Q: How much has your previous career helped shape your current career? Does your experience in visual arts help you or hinder you when you’re trying to put an image – or a scene, or a story – to music?

A: My background as a visual artist is that first I’m a painter, and second, I worked in film administration for many years. Yes, both of these skills have been very helpful to me as a musician. First off, I know how to get a production off the ground because I worked in production. I think I can administer a project well – resources permitting. I respect the idea of schedules and budgets and the need to work out how we are going pay for x, y or z.

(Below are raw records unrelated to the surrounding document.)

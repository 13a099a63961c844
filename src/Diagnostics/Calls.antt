-- ===== src/Diagnostics/Calls.antt =====
-- The batches remove no file and leave the configuration and the engine alone.
use fresh_core_native.Prelude.{ℕ, Bytes, Bool, true, false}
use fresh_core_native.Os.{Env}
use fresh_core_native.Sys.Monad.{Runs}
use fresh_core_native.Sys.Frame.{Frame, Frame-IsPreorder, frames}
use fresh_core_native.Sys.Still.{Still, Still-IsPreorder, stills, Runs-Frame}
use fresh_core_native.Logging.Calls.{log-Frame}
use fresh_core_native.Diagnostics.{start_batch, check_self_limits, judge_limit, end_batch}

module _ ⦃env : Env⦄ {P : Bytes → Type 0} where
  pub start_batch-Still : Runs (Still P) start_batch
  unfolding start_batch
  start_batch-Still = search stills depth 20

  pub start_batch-Frame : Runs (Frame P) start_batch
  start_batch-Frame = Runs-Frame start_batch-Still

  check_self_limits-Frame : Runs (Frame P) check_self_limits
  unfolding check_self_limits
  check_self_limits-Frame = search (frames, log-Frame) depth 20

  judge_limit-Frame : (b : Bool) → Runs (Frame P) (judge_limit b)
  unfolding judge_limit
  judge_limit-Frame true = search (frames, log-Frame) depth 20
  judge_limit-Frame false = check_self_limits-Frame

  pub end_batch-Frame : (files bytes_freed : ℕ) → Runs (Frame P) (end_batch files bytes_freed)
  unfolding end_batch
  end_batch-Frame files bytes_freed = search (frames, log-Frame, judge_limit-Frame) depth 30
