-- ===== src/Diagnostics/Accounts.antt =====
-- EndBatch counts the files that it is given.
use fresh_core_native.Prelude.{ℕ, ◌+◌, Bool, true, false, arith}
use fresh_core_native.Os.{Env}
use fresh_core_native.Sys.{Sys}
use fresh_core_native.Sys.Monad.{Runs, ◌>>=◌}
use fresh_core_native.Sys.Monad
use fresh_core_native.Sys.Still.{Anywhere, Still, Still-IsPreorder, stills}
use fresh_core_native.Sys.Accounts.{Counts, Counts-Still, Counts-trans}
use fresh_core_native.Logging.Calls.{log-Still}
use fresh_core_native.Diagnostics.{
  add_totals, get_monotonic_time_ms, check_self_limits, judge_limit, warn_if_long, end_batch,
}

add_totals-Counts :
    (m files bytes_freed : ℕ) (s : Sys) → Counts (m + files) m s (add_totals files bytes_freed s)
add_totals-Counts m files bytes_freed s = record { bound = omega arith }

module _ ⦃env : Env⦄ where
  get_monotonic_time_ms-Still : Runs (Still Anywhere) get_monotonic_time_ms
  unfolding get_monotonic_time_ms
  get_monotonic_time_ms-Still = search stills

  warn_if_long-Still : (duration : ℕ) → Runs (Still Anywhere) (warn_if_long duration)
  unfolding warn_if_long
  warn_if_long-Still duration = search (stills, log-Still) depth 20

  check_self_limits-Still : Runs (Still Anywhere) check_self_limits
  unfolding check_self_limits
  check_self_limits-Still = search (stills, log-Still) depth 20

  judge_limit-Still : (b : Bool) → Runs (Still Anywhere) (judge_limit b)
  unfolding judge_limit
  judge_limit-Still true = search (stills, log-Still) depth 20
  judge_limit-Still false = check_self_limits-Still

  pub end_batch-Counts :
      (m files bytes_freed : ℕ) (s : Sys) → Counts (m + files) m s (end_batch files bytes_freed s).1
  unfolding end_batch ◌>>=◌ Monad.perform Monad.gets Monad.modify get_monotonic_time_ms
  end_batch-Counts m files bytes_freed s =
      Counts-trans (m + files) (m + files) m (Counts-Still _ (get_monotonic_time_ms-Still.at s)) (
        Counts-trans (m + files) m m (add_totals-Counts m files bytes_freed _) (
          Counts-trans m m m (Counts-Still m ((warn_if_long-Still _).at _))
            (Counts-Still m ((judge_limit-Still _).at _))))
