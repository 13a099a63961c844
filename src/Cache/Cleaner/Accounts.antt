-- ===== src/Cache/Cleaner/Accounts.antt =====
-- The files that a cleaning of cache/cache_cleaner.cpp reports to EndBatch, against those that it
-- removes.
pub mod Cleaning
use fresh_core_native.Prelude.{
  ℕ, zero, suc, ◌+◌, ◌≤◌, Bytes, join, Bool, true, false, Option, none, some, List, [], ◌∷◌, arith,
  if◌then◌else◌,
}
use fresh_core_native.CacheData.{CacheDirInfo}
use fresh_core_native.Os.{Env, Stat}
use fresh_core_native.Sys.{Sys}
use fresh_core_native.Sys.Monad.{St, Runs}
use fresh_core_native.Sys.Still.{Anywhere, Still, Still-IsPreorder, stills}
use fresh_core_native.Sys.Fuel.{Prog, return, out_of_fuel, lift, ◌>>=◌}
use fresh_core_native.Sys.Accounts.{
  removals, owed, Counts, Counts-Still, Counts-drop, Accounts, Accounts-return,
  Accounts-out_of_fuel, Accounts-lift, Accounts-after, Accounts-Still, Accounts-if, Accounts-bind,
}
use fresh_core_native.Logging.Calls.{log-Still}
use fresh_core_native.Filesystem.Calls.{lstat-Still, get_directory_children-Still}
use fresh_core_native.Filesystem.{safe_remove}
use fresh_core_native.Filesystem.Accounts.{safe_remove-Counts}
use fresh_core_native.Power.Idle.Calls.{evaluate_idle_state-Still}
use fresh_core_native.Diagnostics.{end_batch}
use fresh_core_native.Diagnostics.Calls.{start_batch-Still}
use fresh_core_native.Diagnostics.Accounts.{end_batch-Counts}
use fresh_core_native.StateStorage.Calls.{
  get_current_time_ms-Still, get_package_state-Still, update_package_state-Still,
  save_state_atomic-Still,
}
use fresh_core_native.Cache.Cleaner.{
  Batch, is_not_idle, empty_batch, count_file, remove_child, roll_batch, roll_if, remove_round,
  go_on_with, remove_children, finish, remove_listed, remove_recursive_batched, clean_children,
  record_cleanup, clean_listed, clean_directory_safely,
}

-- The files pending after a round, where `k` are beside those of the batch.
abbrev left : ℕ → Option Batch → ℕ
left k none = k
left k (some batch) = k + batch.files_removed

count_file-left :
    (k : ℕ) (removed : Bool) (size : ℕ) (batch : Batch)
    → left k (some (count_file removed size batch))
      ≤ (if removed then (k + batch.files_removed) + 1 else k + batch.files_removed)
count_file-left k true size batch = omega arith
count_file-left k false size batch = omega arith

removed_or_not : (m : ℕ) (removed : Bool) → m ≤ (if removed then m + 1 else m)
removed_or_not m true = omega arith
removed_or_not m false = omega arith

still_left :
    (k : ℕ) (removed : Bool) (batch : Batch)
    → left k (if removed then some batch else none) ≤ k + batch.files_removed
still_left k true batch = omega arith
still_left k false batch = omega arith

-- Nothing is pending but what was before.
unfoldable pub Balanced : {A : Type 0} → Prog A → Type 0
Balanced p = (k : ℕ) → Accounts k (λ _. k) p

module _ ⦃env : Env⦄ where
  finish-Accounts :
      (k : ℕ) (path : Bytes) (batch : Option Batch)
      → Accounts (left k batch) (λ _. k) (finish path batch)
  unfolding finish
  finish-Accounts k path none = Accounts-return (λ _. k) k false (omega arith)
  finish-Accounts k path (some batch) =
      Accounts-bind _ (λ _. k) _ _ _
        (Accounts-lift (λ _. k) _ _ (end_batch-Counts k batch.files_removed batch.bytes_freed))
        λ _.
          Accounts-bind _ (λ _. k) _ _ _
            (Accounts-lift (λ _. k) _ _
              (λ s. Counts-drop k _ k (removed_or_not k _) (safe_remove-Counts k path s)))
            λ _. Accounts-return (λ _. k) k true (omega arith)

  roll_batch-Accounts :
      (k : ℕ) (batch : Batch) → Accounts (k + batch.files_removed) (left k) (roll_batch batch)
  unfolding roll_batch
  roll_batch-Accounts k batch = Accounts-after (search stills) λ max_files.
      Accounts-if _ _ _ _ _
        (Accounts-bind _ (λ _. k) _ _ _
          (Accounts-lift (λ _. k) _ _ (end_batch-Counts k batch.files_removed batch.bytes_freed))
          λ go_on. Accounts-if _ _ _ _ _ (Accounts-return _ _ none (omega arith)) (
            Accounts-after (search stills) λ _.
              Accounts-after start_batch-Still
                λ _. Accounts-return _ _ (some empty_batch) (omega arith)))
        (Accounts-return _ _ (some batch) (omega arith))

  roll_if-Accounts :
      (k : ℕ) (batch : Option Batch) → Accounts (left k batch) (left k) (roll_if batch)
  unfolding roll_if
  roll_if-Accounts k none = Accounts-return _ _ none (omega arith)
  roll_if-Accounts k (some batch) = roll_batch-Accounts k batch

  go_on_with-Accounts :
      (k : ℕ) (rest : Batch → Prog (Option Batch))
      → ((batch : Batch) → Accounts (k + batch.files_removed) (left k) (rest batch))
      → (after : Option Batch) → Accounts (left k after) (left k) (go_on_with rest after)
  unfolding go_on_with
  go_on_with-Accounts k rest h none = Accounts-return _ _ none (omega arith)
  go_on_with-Accounts k rest h (some batch) = h batch

  module _ (inner : Bytes → Prog Bool) (balanced : (path : Bytes) → Balanced (inner path)) where
    remove_child-Accounts :
        (k : ℕ) (path : Bytes) (st : Option Stat) (batch : Batch)
        → Accounts (k + batch.files_removed) (left k) (remove_child inner path st batch)
    unfolding remove_child Balanced
    remove_child-Accounts k path none batch = Accounts-return _ _ (some batch) (omega arith)
    remove_child-Accounts k path (some st) batch =
        Accounts-if _ _ _ _ _
          (Accounts-bind _ (λ _. k + batch.files_removed) _ _ _ (balanced path _)
            λ removed. Accounts-return _ _ _ (still_left k removed batch))
          (Accounts-bind _
            (λ (removed : Bool).
              if removed then (k + batch.files_removed) + 1 else k + batch.files_removed)
            _ _ _ (Accounts-lift _ _ _ (safe_remove-Counts (k + batch.files_removed) path))
            λ removed. Accounts-return _ _ _ (count_file-left k removed st.size batch))

    remove_round-Accounts :
        (k : ℕ) (path : Bytes) (batch : Batch)
        → Accounts (k + batch.files_removed) (left k) (remove_round inner path batch)
    unfolding remove_round
    remove_round-Accounts k path batch = Accounts-after evaluate_idle_state-Still λ idle.
        Accounts-if _ _ _ _ _
          (Accounts-after (log-Still _ _ _) λ _. Accounts-return _ _ none (omega arith))
          (Accounts-after (lstat-Still path) λ st.
            Accounts-bind _ (left k) _ _ _ (remove_child-Accounts k path st batch)
              (roll_if-Accounts k))

    remove_children-Accounts :
        (k : ℕ) (path : Bytes) (children : List Bytes) (batch : Batch)
        → Accounts (k + batch.files_removed) (left k) (remove_children inner path children batch)
    unfolding remove_children
    remove_children-Accounts k path [] batch = Accounts-return _ _ (some batch) (omega arith)
    remove_children-Accounts k path (child ∷ children) batch =
        Accounts-bind _ (left k) _ _ _ (remove_round-Accounts k (join path child) batch)
          (go_on_with-Accounts k _ (remove_children-Accounts k path children))

    remove_listed-Balanced :
        (path : Bytes) (children : Option (List Bytes))
        → Balanced (remove_listed inner path children)
    unfolding remove_listed Balanced
    remove_listed-Balanced path none k = Accounts-return _ _ false (omega arith)
    remove_listed-Balanced path (some children) k =
        Accounts-bind _ (λ _. k + 0) _ _ _
          (Accounts-lift _ k _ (λ s.
            Counts-drop k k (k + 0) (omega arith)
              (Counts-Still {P = Anywhere} k (start_batch-Still.at s))))
          λ _.
            Accounts-bind _ (left k) _ _ _ (remove_children-Accounts k path children empty_batch)
              (finish-Accounts k path)

  pub remove_recursive_batched-Balanced :
      (fuel : ℕ) (path : Bytes) → Balanced (remove_recursive_batched fuel path)
  unfolding remove_recursive_batched Balanced
  remove_recursive_batched-Balanced zero path k = Accounts-out_of_fuel
  remove_recursive_batched-Balanced (suc fuel) path k =
      Accounts-after (get_directory_children-Still path) λ children.
        remove_listed-Balanced _ (remove_recursive_batched-Balanced fuel) path children k
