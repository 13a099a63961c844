-- ===== src/Cache/Cleaner/Accounts/Cleaning.antt =====
-- A whole cleaning counts no more files than it makes calls to remove.
use fresh_core_native.Prelude.{
  ℕ, ◌+◌, ◌≤◌, Bytes, join, true, false, Option, none, some, List, [], ◌∷◌, arith,
}
use fresh_core_native.CacheData.{CacheDirInfo}
use fresh_core_native.Os.{Env}
use fresh_core_native.Sys.{Sys}
use fresh_core_native.Sys.Still.{Anywhere, Still-IsPreorder}
use fresh_core_native.Sys.Accounts.{
  removals, owed, Counts, Accounts-return, Accounts-after, Accounts-Still, Accounts-if,
  Accounts-bind,
}
use fresh_core_native.Logging.Calls.{log-Still}
use fresh_core_native.Filesystem.Calls.{get_directory_children-Still}
use fresh_core_native.StateStorage.Calls.{
  get_current_time_ms-Still, get_package_state-Still, update_package_state-Still,
  save_state_atomic-Still,
}
use fresh_core_native.Cache.Cleaner.{
  clean_children, record_cleanup, clean_listed, clean_directory_safely,
}
use fresh_core_native.Cache.Cleaner.Accounts.{Balanced, remove_recursive_batched-Balanced}

balanced_count :
    {A : Type 0} (r : Option A) {s t : Sys}
    → Counts 0 (owed (λ _. 0) r) s t
    → t.totals.files_processed + removals s.calls ≤ s.totals.files_processed + removals t.calls
balanced_count none h = omega (arith, h.bound)
balanced_count (some _) h = omega (arith, h.bound)

module _ ⦃env : Env⦄ where
  clean_children-Balanced :
      (fuel : ℕ) (target : CacheDirInfo) (children : List Bytes)
      → Balanced (clean_children fuel target children)
  unfolding clean_children Balanced
  clean_children-Balanced fuel target [] k = Accounts-return _ _ true (omega arith)
  clean_children-Balanced fuel target (child ∷ children) k =
      Accounts-bind _ (λ _. k) _ _ _
        (remove_recursive_batched-Balanced fuel (join target.path child) k)
        λ removed.
          Accounts-if _ _ _ _ _
            (Accounts-after (log-Still _ _ _) λ _. Accounts-return _ _ false (omega arith))
            (clean_children-Balanced fuel target children k)

  record_cleanup-Balanced : (target : CacheDirInfo) → Balanced (record_cleanup target)
  unfolding record_cleanup Balanced
  record_cleanup-Balanced target k = Accounts-after (log-Still _ _ _) λ _.
      Accounts-after (get_package_state-Still _) λ state.
        Accounts-after get_current_time_ms-Still λ now.
          Accounts-after (update_package_state-Still _ _)
            λ _. Accounts-Still {P = Anywhere} _ _ save_state_atomic-Still

  clean_listed-Balanced :
      (fuel : ℕ) (target : CacheDirInfo) (children : Option (List Bytes))
      → Balanced (clean_listed fuel target children)
  unfolding clean_listed Balanced
  clean_listed-Balanced fuel target none k = Accounts-return _ _ true (omega arith)
  clean_listed-Balanced fuel target (some children) k =
      Accounts-bind _ (λ _. k) _ _ _ (clean_children-Balanced fuel target children k)
        λ done.
          Accounts-if _ _ _ _ _
            (Accounts-bind _ (λ _. k) _ _ _ (record_cleanup-Balanced target k)
              λ _. Accounts-return _ _ true (omega arith))
            (Accounts-return _ _ false (omega arith))

  clean_directory_safely-Balanced :
      (fuel : ℕ) (target : CacheDirInfo) → Balanced (clean_directory_safely fuel target)
  unfolding clean_directory_safely Balanced
  clean_directory_safely-Balanced fuel target k = Accounts-after (log-Still _ _ _) λ _.
      Accounts-after (get_directory_children-Still target.path)
        λ children. clean_listed-Balanced fuel target children k

  -- Whatever the device answers and with any fuel, one cleaning of a target adds to the count of
  -- processed files, over all its batches and on all its ways out, at most the number of its calls of
  -- rmdir and unlink.
  pub clean_directory_safely_counts :
      (fuel : ℕ) (target : CacheDirInfo) (s : Sys)
      → let t = (clean_directory_safely fuel target s).1 in
        t.totals.files_processed + removals s.calls ≤ s.totals.files_processed + removals t.calls
  unfolding Balanced
  clean_directory_safely_counts fuel target s =
      balanced_count _ ((clean_directory_safely-Balanced fuel target 0).at s)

I think the entrepreneurial aspect of being a musician is hard for musicians to accept. We’re taught somehow that it’s un-cool. The public also endorses the idea that a musician is not an entrepreneur (especially in Africa) because it’s not part of the romance of being a musician. A musician is not supposed to care about money or being organized. For some reason, the public also likes to think that we are more ‘real’ if we are high, semi-educated and disorganized.

Visual arts itself has always been a part of my life – since I was a child. I take it for granted. I don’t think ideas for stories were ever going to be my problem. However, it has been a huge learning curve for me to get a handle on how to control my image and the steps towards having a consistent creative direction without quite enough budget.

I’m only just now in a position where I can start attending to that. But I trust my eye for balance and color. I think learning how to communicate with artistic teams is crucial, and both within and outside of the structure of a record company, it can take some serious figuring out. It’s one of those things that can be an unprecedented pain the ass if you’re not ready for it.

Netsayi will be performing at 8pm Saturday (July 19) in the Courtyard Café at MASS MoCA in North Adams. In case of rain, the concert will be moved inside to Club B-10. Tickets are $20 preferred; $12 in advance; $16 at the door.